----- STUDY MATERIAL -----
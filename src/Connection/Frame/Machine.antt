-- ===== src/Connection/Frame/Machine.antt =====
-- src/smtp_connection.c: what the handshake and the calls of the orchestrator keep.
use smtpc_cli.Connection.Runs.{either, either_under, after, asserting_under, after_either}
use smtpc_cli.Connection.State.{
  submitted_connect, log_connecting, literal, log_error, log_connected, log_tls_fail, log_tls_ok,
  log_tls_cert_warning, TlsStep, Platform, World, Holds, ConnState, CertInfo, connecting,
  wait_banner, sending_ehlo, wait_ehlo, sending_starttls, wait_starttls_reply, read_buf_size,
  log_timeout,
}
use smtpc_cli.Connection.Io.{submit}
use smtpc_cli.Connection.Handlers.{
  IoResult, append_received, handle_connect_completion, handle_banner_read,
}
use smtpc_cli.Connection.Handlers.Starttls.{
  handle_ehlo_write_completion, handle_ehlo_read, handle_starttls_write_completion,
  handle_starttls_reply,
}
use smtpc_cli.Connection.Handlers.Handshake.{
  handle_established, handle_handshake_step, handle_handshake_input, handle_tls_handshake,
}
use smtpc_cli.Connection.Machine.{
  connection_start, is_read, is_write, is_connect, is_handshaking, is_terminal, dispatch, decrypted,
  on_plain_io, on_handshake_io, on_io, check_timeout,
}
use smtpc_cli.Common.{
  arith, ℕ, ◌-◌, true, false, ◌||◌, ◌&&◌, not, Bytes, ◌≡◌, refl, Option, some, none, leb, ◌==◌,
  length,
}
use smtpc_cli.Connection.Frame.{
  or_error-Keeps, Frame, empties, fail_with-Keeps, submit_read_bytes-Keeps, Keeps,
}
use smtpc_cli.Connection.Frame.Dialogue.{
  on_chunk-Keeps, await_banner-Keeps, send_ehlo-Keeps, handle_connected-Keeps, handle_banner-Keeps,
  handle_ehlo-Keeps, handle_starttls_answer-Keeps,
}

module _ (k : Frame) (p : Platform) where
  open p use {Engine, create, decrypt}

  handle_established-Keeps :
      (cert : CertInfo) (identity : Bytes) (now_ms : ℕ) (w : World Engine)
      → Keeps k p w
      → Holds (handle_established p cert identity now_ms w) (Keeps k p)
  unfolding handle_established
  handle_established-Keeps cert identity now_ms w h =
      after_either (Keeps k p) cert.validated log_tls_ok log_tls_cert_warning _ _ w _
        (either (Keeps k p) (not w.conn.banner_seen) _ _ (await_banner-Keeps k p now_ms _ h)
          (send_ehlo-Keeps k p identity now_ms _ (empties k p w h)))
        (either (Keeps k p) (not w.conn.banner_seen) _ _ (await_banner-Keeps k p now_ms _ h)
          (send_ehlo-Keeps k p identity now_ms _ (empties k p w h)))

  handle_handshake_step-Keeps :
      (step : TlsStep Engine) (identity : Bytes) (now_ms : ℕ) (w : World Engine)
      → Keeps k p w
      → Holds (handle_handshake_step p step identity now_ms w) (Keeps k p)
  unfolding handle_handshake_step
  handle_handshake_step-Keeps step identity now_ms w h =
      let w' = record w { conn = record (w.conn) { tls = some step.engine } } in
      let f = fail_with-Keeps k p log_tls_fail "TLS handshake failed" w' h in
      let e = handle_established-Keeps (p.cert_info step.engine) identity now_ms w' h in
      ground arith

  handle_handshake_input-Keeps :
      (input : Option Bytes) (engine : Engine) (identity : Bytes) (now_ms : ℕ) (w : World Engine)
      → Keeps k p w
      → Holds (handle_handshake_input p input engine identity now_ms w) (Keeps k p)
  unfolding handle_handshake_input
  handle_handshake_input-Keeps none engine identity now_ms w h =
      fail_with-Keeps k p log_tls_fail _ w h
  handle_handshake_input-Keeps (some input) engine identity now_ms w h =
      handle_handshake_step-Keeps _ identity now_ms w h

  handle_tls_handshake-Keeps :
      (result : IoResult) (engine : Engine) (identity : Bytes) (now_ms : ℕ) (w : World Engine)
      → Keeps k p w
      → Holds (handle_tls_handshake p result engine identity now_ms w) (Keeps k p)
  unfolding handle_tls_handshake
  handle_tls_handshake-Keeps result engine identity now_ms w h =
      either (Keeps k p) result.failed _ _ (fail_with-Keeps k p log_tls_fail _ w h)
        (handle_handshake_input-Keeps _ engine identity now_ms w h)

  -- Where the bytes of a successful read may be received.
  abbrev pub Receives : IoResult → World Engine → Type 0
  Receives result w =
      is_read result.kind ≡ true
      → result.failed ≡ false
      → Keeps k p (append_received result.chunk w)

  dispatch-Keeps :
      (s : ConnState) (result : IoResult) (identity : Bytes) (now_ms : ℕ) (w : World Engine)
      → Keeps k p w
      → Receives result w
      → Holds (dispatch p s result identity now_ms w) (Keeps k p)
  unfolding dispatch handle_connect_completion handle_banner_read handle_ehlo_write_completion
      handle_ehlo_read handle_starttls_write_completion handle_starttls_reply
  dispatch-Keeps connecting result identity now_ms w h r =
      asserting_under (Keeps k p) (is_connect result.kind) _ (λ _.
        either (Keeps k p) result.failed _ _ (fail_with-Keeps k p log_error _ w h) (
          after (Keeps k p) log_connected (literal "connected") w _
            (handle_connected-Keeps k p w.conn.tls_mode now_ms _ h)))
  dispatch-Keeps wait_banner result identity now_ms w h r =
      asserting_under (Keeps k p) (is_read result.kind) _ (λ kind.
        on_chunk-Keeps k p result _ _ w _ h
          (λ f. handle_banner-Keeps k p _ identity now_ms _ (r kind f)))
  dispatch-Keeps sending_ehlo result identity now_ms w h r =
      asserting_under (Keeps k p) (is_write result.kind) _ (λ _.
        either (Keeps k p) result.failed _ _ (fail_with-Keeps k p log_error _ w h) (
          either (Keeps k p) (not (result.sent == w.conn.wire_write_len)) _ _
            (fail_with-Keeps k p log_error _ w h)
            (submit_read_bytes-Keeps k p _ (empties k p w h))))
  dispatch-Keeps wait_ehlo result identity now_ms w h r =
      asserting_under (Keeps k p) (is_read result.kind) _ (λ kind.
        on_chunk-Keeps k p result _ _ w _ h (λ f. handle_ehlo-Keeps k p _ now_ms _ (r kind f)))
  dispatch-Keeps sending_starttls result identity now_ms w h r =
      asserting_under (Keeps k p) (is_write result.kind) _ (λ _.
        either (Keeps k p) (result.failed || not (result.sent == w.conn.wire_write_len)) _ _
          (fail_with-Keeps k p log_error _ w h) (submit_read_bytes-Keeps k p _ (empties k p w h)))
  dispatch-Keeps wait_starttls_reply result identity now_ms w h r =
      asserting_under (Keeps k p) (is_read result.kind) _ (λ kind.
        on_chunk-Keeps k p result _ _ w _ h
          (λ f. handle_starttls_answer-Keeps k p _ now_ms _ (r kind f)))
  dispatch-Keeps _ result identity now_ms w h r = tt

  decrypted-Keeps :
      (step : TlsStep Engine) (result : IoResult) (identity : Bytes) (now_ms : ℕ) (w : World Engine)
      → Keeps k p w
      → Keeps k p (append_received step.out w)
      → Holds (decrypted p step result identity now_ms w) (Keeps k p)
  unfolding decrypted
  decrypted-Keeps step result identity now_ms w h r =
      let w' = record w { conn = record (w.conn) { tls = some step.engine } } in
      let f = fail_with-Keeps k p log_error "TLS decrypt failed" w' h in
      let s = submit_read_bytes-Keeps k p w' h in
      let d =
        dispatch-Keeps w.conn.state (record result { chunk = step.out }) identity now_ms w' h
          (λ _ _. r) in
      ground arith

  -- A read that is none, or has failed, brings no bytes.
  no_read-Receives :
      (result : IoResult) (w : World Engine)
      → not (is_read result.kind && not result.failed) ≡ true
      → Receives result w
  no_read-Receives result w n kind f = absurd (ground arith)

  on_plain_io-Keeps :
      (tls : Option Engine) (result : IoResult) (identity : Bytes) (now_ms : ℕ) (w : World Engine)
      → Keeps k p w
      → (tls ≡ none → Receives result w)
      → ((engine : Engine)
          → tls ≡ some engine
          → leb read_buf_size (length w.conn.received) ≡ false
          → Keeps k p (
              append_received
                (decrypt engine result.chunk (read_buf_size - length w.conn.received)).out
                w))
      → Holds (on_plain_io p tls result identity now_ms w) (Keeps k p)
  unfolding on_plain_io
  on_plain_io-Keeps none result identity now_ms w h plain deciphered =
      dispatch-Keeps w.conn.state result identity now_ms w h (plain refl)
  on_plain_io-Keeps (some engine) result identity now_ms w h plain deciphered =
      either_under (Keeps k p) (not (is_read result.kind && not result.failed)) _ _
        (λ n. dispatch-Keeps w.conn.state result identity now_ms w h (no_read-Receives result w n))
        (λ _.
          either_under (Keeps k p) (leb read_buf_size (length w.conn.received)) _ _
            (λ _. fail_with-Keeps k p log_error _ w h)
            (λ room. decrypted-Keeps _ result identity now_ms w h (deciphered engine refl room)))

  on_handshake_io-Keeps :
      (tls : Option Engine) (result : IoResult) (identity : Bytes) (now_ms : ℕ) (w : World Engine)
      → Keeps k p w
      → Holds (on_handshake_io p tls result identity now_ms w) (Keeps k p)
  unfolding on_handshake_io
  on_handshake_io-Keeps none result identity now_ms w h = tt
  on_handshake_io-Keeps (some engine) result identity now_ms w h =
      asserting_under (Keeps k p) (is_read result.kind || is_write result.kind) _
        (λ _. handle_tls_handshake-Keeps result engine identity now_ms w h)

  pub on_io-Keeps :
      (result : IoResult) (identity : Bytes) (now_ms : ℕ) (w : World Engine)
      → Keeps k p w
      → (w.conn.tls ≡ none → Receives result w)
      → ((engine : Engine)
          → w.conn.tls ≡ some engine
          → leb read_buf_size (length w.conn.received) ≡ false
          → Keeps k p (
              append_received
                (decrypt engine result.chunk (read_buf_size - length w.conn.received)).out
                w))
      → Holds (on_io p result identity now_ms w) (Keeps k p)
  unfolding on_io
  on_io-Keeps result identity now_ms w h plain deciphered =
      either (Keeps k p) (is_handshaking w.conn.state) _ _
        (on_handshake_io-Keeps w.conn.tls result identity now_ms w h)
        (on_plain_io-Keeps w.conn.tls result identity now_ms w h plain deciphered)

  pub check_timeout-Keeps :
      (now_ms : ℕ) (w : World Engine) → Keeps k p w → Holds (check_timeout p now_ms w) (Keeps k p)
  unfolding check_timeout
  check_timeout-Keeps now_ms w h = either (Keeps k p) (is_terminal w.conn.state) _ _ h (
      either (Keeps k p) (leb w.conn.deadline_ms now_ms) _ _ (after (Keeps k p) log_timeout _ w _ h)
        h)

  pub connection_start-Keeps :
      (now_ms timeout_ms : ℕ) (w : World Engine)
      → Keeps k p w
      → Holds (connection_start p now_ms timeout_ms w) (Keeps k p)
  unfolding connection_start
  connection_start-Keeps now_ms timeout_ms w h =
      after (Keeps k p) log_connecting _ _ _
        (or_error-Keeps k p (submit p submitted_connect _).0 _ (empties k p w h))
-----
# DIRECTIONS FOR THIS TASK
Copy out the lines of the records above in which the string "Machine" appears.

# ANSWER TO THE EXERCISE
filename src/Connection/Frame/Machine.antt
-- ===== src/Connection/Frame/Machine.antt =====
use smtpc_cli.Connection.Machine.{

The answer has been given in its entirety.